▽

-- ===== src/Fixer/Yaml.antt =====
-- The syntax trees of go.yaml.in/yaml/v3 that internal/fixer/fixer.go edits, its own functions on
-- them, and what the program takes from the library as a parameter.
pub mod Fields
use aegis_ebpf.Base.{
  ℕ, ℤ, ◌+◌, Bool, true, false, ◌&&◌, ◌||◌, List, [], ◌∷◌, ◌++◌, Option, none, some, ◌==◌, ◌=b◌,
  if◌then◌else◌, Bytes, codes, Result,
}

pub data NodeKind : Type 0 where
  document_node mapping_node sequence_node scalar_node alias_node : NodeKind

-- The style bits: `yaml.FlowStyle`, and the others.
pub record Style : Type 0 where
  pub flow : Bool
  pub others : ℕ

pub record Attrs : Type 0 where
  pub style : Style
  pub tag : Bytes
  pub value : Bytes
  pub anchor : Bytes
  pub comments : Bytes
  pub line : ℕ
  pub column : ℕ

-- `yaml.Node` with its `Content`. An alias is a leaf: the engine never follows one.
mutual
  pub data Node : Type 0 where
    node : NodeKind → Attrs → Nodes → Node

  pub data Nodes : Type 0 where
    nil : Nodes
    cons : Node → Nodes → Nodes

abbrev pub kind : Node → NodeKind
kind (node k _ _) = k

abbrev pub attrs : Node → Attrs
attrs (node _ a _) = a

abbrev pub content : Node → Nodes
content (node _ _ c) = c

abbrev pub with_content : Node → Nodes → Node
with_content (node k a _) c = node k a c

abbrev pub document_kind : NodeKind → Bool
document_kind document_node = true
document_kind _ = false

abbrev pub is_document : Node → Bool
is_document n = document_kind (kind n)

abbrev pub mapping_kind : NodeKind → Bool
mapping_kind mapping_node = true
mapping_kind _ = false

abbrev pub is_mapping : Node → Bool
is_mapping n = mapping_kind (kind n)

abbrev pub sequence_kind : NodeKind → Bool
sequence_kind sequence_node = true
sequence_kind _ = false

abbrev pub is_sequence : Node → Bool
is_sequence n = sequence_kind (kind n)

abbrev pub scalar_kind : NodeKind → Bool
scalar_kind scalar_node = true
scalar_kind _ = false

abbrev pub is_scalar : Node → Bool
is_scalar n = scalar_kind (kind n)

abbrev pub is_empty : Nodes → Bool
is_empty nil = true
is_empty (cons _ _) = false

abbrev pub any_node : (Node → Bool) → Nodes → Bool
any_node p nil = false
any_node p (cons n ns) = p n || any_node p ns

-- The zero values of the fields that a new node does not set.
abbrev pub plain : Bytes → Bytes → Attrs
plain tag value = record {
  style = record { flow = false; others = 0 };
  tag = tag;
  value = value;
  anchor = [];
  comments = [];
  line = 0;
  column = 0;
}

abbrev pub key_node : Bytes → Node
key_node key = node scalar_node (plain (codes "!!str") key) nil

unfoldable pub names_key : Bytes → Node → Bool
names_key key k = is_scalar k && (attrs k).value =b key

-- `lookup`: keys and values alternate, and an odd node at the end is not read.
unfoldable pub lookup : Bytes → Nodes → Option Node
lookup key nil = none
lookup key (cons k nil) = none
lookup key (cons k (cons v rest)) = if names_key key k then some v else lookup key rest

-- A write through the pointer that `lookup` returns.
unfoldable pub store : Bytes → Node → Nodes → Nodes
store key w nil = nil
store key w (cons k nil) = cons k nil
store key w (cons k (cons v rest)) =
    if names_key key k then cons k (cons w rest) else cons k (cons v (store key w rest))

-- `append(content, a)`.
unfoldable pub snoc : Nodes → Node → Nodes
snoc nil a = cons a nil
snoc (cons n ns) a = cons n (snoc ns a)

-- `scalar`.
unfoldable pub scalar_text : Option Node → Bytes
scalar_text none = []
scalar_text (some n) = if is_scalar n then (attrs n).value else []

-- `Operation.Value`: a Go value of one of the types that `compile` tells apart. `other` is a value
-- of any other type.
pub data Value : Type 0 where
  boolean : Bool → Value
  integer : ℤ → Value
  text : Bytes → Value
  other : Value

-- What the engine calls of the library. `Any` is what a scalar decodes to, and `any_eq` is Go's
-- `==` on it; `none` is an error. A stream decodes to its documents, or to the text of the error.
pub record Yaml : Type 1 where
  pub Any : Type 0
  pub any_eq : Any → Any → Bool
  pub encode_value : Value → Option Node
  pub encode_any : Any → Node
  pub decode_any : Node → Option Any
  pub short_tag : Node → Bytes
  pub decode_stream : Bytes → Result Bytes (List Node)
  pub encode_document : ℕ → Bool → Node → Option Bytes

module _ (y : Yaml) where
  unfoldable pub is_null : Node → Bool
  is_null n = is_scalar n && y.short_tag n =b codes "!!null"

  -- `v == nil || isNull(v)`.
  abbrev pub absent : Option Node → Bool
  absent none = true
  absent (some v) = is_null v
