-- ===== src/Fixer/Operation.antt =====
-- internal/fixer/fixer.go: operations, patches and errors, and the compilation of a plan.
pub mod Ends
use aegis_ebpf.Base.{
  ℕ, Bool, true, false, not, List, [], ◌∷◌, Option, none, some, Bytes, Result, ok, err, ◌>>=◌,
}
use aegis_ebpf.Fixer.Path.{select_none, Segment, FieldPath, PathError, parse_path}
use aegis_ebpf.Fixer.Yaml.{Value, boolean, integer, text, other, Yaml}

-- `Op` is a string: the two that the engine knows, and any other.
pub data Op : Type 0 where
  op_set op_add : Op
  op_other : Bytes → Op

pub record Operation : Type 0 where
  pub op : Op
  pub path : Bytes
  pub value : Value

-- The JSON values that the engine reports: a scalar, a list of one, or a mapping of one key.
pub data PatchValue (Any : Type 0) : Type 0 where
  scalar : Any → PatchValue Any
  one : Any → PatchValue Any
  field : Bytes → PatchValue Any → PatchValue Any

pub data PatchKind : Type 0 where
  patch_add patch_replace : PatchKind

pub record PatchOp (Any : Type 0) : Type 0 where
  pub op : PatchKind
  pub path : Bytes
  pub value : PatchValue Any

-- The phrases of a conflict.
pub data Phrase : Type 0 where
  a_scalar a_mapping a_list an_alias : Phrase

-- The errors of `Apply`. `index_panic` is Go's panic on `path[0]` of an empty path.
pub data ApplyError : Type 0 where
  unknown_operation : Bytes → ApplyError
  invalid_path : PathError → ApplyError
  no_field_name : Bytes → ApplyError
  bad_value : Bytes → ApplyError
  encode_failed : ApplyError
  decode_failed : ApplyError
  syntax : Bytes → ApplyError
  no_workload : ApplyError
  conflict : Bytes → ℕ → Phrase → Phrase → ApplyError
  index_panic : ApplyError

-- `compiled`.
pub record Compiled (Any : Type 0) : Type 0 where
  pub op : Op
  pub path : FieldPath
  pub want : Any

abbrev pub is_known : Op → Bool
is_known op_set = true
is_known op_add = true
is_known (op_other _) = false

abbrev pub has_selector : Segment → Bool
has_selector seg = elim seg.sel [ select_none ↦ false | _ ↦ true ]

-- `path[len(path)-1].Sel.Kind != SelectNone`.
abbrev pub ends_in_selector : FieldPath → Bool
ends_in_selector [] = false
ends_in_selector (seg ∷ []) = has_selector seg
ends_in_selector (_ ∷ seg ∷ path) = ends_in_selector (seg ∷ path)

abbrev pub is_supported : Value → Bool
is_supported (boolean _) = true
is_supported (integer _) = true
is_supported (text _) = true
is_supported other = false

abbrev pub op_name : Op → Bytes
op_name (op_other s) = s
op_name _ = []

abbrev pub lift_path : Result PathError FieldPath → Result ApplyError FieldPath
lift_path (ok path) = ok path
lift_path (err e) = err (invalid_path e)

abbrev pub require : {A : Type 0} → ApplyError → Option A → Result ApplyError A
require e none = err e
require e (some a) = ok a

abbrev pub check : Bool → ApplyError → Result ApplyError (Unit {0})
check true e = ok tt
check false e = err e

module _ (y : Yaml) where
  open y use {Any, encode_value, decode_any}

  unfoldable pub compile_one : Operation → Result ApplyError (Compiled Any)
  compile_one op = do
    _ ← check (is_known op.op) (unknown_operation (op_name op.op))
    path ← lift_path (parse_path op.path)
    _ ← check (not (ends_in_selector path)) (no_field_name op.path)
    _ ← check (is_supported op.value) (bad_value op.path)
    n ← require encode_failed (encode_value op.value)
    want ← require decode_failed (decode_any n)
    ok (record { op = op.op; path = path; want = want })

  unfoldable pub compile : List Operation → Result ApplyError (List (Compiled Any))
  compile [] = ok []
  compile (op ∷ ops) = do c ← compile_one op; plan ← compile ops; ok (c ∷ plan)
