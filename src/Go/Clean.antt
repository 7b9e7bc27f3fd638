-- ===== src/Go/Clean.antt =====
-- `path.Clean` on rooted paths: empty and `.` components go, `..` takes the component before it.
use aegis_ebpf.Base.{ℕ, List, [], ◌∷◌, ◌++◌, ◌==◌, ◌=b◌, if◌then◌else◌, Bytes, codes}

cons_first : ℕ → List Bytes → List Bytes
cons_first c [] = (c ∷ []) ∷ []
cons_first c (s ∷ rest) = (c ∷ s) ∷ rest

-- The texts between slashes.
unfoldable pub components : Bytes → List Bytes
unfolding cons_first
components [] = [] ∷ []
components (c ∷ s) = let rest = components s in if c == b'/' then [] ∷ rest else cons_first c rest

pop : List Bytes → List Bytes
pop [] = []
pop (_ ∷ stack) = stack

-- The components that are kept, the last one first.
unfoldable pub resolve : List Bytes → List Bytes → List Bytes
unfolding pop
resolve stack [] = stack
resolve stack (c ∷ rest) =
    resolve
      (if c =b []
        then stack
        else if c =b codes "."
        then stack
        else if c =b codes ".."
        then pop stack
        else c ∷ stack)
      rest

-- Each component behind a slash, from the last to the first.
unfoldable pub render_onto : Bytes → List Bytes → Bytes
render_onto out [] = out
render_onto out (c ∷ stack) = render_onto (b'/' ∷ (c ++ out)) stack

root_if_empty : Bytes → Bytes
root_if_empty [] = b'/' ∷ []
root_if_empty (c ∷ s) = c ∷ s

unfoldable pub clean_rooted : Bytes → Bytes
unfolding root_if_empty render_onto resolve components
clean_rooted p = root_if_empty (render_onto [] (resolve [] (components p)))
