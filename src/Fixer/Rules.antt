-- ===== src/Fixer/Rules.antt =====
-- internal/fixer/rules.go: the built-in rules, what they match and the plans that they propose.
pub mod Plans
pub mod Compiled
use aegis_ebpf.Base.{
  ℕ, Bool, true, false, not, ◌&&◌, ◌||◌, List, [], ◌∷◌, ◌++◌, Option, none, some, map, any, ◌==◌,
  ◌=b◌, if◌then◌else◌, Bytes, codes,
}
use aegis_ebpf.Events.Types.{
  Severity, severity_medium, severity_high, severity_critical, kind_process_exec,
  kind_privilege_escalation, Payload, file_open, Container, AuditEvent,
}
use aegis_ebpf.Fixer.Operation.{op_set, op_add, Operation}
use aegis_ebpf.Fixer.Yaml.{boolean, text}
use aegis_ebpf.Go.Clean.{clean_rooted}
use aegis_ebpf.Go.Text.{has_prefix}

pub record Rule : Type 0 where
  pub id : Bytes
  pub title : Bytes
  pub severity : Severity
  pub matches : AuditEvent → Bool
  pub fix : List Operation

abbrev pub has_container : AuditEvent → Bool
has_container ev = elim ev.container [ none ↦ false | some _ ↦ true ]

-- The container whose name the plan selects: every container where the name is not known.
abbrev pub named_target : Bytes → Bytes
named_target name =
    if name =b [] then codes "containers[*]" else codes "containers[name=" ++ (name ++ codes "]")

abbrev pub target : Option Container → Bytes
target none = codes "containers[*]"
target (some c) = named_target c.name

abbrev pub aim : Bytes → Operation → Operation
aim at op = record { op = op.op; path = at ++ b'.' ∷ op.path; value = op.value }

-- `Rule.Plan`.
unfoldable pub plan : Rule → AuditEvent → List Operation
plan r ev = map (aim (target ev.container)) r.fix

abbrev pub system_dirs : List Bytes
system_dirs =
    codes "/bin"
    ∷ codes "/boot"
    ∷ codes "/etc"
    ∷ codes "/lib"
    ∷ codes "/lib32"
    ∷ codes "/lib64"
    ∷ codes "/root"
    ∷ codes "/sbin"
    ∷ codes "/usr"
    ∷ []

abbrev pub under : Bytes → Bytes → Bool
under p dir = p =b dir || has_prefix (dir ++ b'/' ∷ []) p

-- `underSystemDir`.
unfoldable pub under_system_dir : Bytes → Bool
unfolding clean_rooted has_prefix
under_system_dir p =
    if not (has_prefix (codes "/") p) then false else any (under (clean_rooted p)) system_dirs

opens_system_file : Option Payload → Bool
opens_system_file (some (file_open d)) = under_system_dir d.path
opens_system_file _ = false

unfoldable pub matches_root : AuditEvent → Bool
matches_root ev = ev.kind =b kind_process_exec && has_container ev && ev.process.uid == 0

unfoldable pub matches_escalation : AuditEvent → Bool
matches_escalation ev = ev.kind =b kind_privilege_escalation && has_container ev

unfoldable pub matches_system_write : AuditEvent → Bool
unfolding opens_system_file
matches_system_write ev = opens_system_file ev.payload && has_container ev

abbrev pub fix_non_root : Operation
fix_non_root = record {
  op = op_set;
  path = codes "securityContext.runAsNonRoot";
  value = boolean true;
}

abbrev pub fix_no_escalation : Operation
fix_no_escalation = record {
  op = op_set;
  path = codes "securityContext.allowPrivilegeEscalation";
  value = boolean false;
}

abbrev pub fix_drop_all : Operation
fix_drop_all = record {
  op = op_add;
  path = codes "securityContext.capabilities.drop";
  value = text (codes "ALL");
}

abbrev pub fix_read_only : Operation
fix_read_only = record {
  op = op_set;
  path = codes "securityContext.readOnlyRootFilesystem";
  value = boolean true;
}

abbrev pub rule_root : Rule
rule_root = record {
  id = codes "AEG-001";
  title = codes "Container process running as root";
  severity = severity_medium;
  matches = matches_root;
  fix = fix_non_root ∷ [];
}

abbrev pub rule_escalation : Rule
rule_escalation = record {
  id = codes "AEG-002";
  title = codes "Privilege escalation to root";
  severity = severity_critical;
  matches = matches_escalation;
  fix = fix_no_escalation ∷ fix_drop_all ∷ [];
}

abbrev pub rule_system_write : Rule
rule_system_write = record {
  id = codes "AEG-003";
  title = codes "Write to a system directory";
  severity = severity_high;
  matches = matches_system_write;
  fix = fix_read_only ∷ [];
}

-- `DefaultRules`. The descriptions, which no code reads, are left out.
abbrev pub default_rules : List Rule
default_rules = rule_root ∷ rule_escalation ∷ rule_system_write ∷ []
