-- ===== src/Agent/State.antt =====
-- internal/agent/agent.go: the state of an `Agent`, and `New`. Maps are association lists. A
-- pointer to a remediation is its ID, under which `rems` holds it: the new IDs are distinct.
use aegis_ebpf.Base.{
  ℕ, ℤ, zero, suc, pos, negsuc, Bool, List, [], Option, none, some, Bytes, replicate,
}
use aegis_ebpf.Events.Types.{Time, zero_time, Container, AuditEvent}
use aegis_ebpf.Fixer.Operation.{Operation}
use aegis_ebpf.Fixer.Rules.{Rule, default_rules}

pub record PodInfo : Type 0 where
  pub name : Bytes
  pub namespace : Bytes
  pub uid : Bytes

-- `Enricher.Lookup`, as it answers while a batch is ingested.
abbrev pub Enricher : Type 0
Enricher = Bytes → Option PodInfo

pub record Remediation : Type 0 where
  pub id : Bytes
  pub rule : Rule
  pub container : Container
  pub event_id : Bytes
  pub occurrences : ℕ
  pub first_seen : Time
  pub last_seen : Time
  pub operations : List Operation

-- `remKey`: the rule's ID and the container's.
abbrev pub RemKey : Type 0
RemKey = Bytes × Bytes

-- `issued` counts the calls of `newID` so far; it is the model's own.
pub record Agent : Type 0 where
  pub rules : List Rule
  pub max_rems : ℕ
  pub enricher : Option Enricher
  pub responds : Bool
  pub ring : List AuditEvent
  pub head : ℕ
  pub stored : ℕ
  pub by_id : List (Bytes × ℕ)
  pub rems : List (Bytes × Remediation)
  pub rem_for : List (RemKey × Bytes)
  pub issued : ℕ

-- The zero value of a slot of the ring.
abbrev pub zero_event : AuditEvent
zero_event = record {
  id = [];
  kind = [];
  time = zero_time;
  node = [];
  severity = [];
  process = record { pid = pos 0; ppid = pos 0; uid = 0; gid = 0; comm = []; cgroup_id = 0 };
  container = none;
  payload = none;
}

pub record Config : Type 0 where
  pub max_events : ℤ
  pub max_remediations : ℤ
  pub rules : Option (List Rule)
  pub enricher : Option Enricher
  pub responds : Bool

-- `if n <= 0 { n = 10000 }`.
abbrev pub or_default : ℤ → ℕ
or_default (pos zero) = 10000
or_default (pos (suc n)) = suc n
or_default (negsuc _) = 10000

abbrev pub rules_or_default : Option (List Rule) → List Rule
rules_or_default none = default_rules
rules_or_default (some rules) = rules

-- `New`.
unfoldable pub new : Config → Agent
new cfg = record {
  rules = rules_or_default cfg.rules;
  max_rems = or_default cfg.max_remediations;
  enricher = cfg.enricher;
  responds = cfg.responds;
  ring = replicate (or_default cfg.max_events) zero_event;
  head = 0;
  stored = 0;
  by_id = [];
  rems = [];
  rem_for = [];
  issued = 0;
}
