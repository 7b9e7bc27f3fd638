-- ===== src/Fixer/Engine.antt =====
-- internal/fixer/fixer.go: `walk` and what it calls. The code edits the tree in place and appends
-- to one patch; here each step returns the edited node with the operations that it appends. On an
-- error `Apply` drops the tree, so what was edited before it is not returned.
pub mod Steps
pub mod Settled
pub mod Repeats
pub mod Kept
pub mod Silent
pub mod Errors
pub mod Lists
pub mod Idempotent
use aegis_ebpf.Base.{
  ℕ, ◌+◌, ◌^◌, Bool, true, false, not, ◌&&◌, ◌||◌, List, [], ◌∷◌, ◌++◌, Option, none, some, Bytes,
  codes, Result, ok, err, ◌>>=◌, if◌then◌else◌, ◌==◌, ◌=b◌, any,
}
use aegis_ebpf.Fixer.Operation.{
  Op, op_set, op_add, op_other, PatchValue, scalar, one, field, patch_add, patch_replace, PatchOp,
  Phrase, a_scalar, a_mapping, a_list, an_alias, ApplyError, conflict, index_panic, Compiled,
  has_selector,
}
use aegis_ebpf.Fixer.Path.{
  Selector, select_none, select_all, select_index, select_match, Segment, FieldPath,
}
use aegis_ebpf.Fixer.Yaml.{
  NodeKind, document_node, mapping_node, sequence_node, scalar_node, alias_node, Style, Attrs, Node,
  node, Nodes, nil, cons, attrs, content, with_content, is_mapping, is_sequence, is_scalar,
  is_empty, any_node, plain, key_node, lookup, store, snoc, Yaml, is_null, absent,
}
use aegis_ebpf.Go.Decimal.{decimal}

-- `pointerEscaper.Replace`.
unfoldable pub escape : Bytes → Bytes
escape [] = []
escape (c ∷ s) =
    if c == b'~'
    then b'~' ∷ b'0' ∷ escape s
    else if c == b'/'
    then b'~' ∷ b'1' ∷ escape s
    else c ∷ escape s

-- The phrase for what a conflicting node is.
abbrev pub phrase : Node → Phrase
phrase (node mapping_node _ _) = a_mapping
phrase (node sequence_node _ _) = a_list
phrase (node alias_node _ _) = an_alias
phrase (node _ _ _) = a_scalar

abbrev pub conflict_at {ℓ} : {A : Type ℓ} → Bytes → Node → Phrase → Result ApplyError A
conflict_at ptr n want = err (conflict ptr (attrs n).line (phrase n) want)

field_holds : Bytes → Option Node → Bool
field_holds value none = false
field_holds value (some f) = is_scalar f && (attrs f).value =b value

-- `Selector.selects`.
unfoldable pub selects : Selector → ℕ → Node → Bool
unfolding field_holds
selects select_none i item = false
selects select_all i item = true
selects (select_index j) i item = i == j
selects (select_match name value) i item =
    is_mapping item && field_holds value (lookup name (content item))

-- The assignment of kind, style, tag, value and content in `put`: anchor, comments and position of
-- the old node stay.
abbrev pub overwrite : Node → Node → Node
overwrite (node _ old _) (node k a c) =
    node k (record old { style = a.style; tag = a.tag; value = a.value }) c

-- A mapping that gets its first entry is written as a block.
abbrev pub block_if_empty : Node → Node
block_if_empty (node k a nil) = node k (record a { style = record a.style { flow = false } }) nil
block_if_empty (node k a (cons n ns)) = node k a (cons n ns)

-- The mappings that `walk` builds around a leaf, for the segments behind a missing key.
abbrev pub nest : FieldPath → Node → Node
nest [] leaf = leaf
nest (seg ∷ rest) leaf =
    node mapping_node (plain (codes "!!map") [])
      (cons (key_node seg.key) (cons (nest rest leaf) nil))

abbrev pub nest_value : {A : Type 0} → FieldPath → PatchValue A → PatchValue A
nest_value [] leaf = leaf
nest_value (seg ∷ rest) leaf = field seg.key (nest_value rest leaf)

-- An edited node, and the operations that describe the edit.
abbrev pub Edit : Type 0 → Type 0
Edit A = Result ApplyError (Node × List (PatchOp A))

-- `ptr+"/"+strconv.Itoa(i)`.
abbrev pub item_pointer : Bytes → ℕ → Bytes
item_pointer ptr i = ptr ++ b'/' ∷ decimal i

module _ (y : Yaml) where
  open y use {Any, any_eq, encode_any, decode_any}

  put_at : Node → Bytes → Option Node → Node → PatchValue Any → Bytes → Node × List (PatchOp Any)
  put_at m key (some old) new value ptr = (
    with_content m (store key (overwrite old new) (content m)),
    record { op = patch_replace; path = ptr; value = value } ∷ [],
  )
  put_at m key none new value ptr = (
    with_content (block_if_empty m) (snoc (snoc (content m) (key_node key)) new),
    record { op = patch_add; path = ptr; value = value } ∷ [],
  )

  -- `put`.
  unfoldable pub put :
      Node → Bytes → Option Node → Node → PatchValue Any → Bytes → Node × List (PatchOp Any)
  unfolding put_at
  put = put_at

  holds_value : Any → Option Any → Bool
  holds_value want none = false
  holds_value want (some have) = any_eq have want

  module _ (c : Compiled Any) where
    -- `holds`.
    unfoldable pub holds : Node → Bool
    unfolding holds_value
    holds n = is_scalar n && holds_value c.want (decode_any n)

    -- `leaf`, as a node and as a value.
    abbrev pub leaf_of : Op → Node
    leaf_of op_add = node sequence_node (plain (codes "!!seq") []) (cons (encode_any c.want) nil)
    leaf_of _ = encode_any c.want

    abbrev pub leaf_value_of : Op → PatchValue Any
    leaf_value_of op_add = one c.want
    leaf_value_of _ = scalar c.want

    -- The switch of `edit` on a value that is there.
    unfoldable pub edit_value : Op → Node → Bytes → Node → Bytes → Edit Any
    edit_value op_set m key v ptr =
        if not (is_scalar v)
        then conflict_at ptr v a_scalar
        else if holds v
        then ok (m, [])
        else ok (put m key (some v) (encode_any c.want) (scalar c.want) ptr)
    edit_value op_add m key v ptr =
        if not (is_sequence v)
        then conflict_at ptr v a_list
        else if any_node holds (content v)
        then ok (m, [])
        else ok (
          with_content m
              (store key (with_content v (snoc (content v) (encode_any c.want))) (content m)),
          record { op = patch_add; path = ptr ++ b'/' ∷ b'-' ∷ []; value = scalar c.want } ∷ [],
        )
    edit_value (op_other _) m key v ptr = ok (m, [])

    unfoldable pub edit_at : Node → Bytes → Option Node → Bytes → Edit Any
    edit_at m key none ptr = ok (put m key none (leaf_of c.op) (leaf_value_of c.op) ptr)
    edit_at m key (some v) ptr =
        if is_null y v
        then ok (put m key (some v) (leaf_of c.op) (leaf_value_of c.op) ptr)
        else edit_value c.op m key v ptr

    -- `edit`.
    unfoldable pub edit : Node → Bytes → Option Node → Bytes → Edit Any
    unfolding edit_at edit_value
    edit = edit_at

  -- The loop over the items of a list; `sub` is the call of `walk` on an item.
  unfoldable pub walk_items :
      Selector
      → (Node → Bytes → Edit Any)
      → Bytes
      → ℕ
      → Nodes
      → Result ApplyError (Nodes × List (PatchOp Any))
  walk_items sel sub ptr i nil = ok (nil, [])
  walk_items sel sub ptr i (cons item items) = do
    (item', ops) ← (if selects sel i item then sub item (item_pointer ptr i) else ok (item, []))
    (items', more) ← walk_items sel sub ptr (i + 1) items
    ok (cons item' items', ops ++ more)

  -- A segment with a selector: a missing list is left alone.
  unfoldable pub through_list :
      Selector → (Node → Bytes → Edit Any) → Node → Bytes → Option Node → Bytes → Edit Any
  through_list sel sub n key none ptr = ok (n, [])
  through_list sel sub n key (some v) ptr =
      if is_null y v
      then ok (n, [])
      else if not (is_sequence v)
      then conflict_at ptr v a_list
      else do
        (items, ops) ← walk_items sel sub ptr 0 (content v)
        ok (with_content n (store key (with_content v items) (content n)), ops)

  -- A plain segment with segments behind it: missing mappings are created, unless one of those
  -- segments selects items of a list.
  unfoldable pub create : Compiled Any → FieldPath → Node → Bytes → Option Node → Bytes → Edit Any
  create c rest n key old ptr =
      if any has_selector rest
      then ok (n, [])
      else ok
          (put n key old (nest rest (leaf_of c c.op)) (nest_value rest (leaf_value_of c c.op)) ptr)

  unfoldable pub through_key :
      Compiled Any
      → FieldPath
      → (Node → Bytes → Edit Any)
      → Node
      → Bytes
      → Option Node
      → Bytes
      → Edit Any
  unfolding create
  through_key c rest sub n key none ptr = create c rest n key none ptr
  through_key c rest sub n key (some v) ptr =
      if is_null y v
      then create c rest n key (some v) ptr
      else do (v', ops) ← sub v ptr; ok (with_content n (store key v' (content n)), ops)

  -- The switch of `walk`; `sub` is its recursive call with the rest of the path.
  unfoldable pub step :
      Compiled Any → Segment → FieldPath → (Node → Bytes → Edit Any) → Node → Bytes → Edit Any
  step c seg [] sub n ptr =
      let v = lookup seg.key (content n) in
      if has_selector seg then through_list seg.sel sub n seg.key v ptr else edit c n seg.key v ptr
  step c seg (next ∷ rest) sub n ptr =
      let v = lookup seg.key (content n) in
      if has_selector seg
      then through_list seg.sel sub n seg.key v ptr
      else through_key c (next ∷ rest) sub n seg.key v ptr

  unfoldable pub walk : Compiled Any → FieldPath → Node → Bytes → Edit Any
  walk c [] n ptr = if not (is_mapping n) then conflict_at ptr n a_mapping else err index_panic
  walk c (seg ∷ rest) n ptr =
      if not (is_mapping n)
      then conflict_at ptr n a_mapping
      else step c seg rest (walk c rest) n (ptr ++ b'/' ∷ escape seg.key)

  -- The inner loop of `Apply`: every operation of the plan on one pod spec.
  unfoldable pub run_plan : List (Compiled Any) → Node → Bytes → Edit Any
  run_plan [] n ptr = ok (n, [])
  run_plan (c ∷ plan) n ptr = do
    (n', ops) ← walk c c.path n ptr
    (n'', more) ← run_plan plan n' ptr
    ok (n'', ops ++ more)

△

> **Problem statement**
Given the records above, restate word for word only the lines starting at the one with "pub data Op : Type 0 where" and ending at the one with "require e (some a) = ok a".

> **The completed task**
pub data Op : Type 0 where
  op_set op_add : Op
  op_other : Bytes → Op

pub record Operation : Type 0 where
  pub op : Op
  pub path : Bytes
  pub value : Value

-- The JSON values that the engine reports: a scalar, a list of one, or a mapping of one key.
pub data PatchValue (Any : Type 0) : Type 0 where
  scalar : Any → PatchValue Any
  one : Any → PatchValue Any
  field : Bytes → PatchValue Any → PatchValue Any

pub data PatchKind : Type 0 where
  patch_add patch_replace : PatchKind

pub record PatchOp (Any : Type 0) : Type 0 where
  pub op : PatchKind
  pub path : Bytes
  pub value : PatchValue Any

-- The phrases of a conflict.
pub data Phrase : Type 0 where
  a_scalar a_mapping a_list an_alias : Phrase

-- The errors of `Apply`. `index_panic` is Go's panic on `path[0]` of an empty path.
pub data ApplyError : Type 0 where
  unknown_operation : Bytes → ApplyError
  invalid_path : PathError → ApplyError
  no_field_name : Bytes → ApplyError
  bad_value : Bytes → ApplyError
  encode_failed : ApplyError
  decode_failed : ApplyError
  syntax : Bytes → ApplyError
  no_workload : ApplyError
  conflict : Bytes → ℕ → Phrase → Phrase → ApplyError
  index_panic : ApplyError

-- `compiled`.
pub record Compiled (Any : Type 0) : Type 0 where
  pub op : Op
  pub path : FieldPath
  pub want : Any

abbrev pub is_known : Op → Bool
is_known op_set = true
is_known op_add = true
is_known (op_other _) = false

abbrev pub has_selector : Segment → Bool
has_selector seg = elim seg.sel [ select_none ↦ false | _ ↦ true ]

-- `path[len(path)-1].Sel.Kind != SelectNone`.
abbrev pub ends_in_selector : FieldPath → Bool
ends_in_selector [] = false
ends_in_selector (seg ∷ []) = has_selector seg
ends_in_selector (_ ∷ seg ∷ path) = ends_in_selector (seg ∷ path)

abbrev pub is_supported : Value → Bool
is_supported (boolean _) = true
is_supported (integer _) = true
is_supported (text _) = true
is_supported other = false

abbrev pub op_name : Op → Bytes
op_name (op_other s) = s
op_name _ = []

abbrev pub lift_path : Result PathError FieldPath → Result ApplyError FieldPath
lift_path (ok path) = ok path
lift_path (err e) = err (invalid_path e)

abbrev pub require : {A : Type 0} → ApplyError → Option A → Result ApplyError A
require e none = err e
require e (some a) = ok a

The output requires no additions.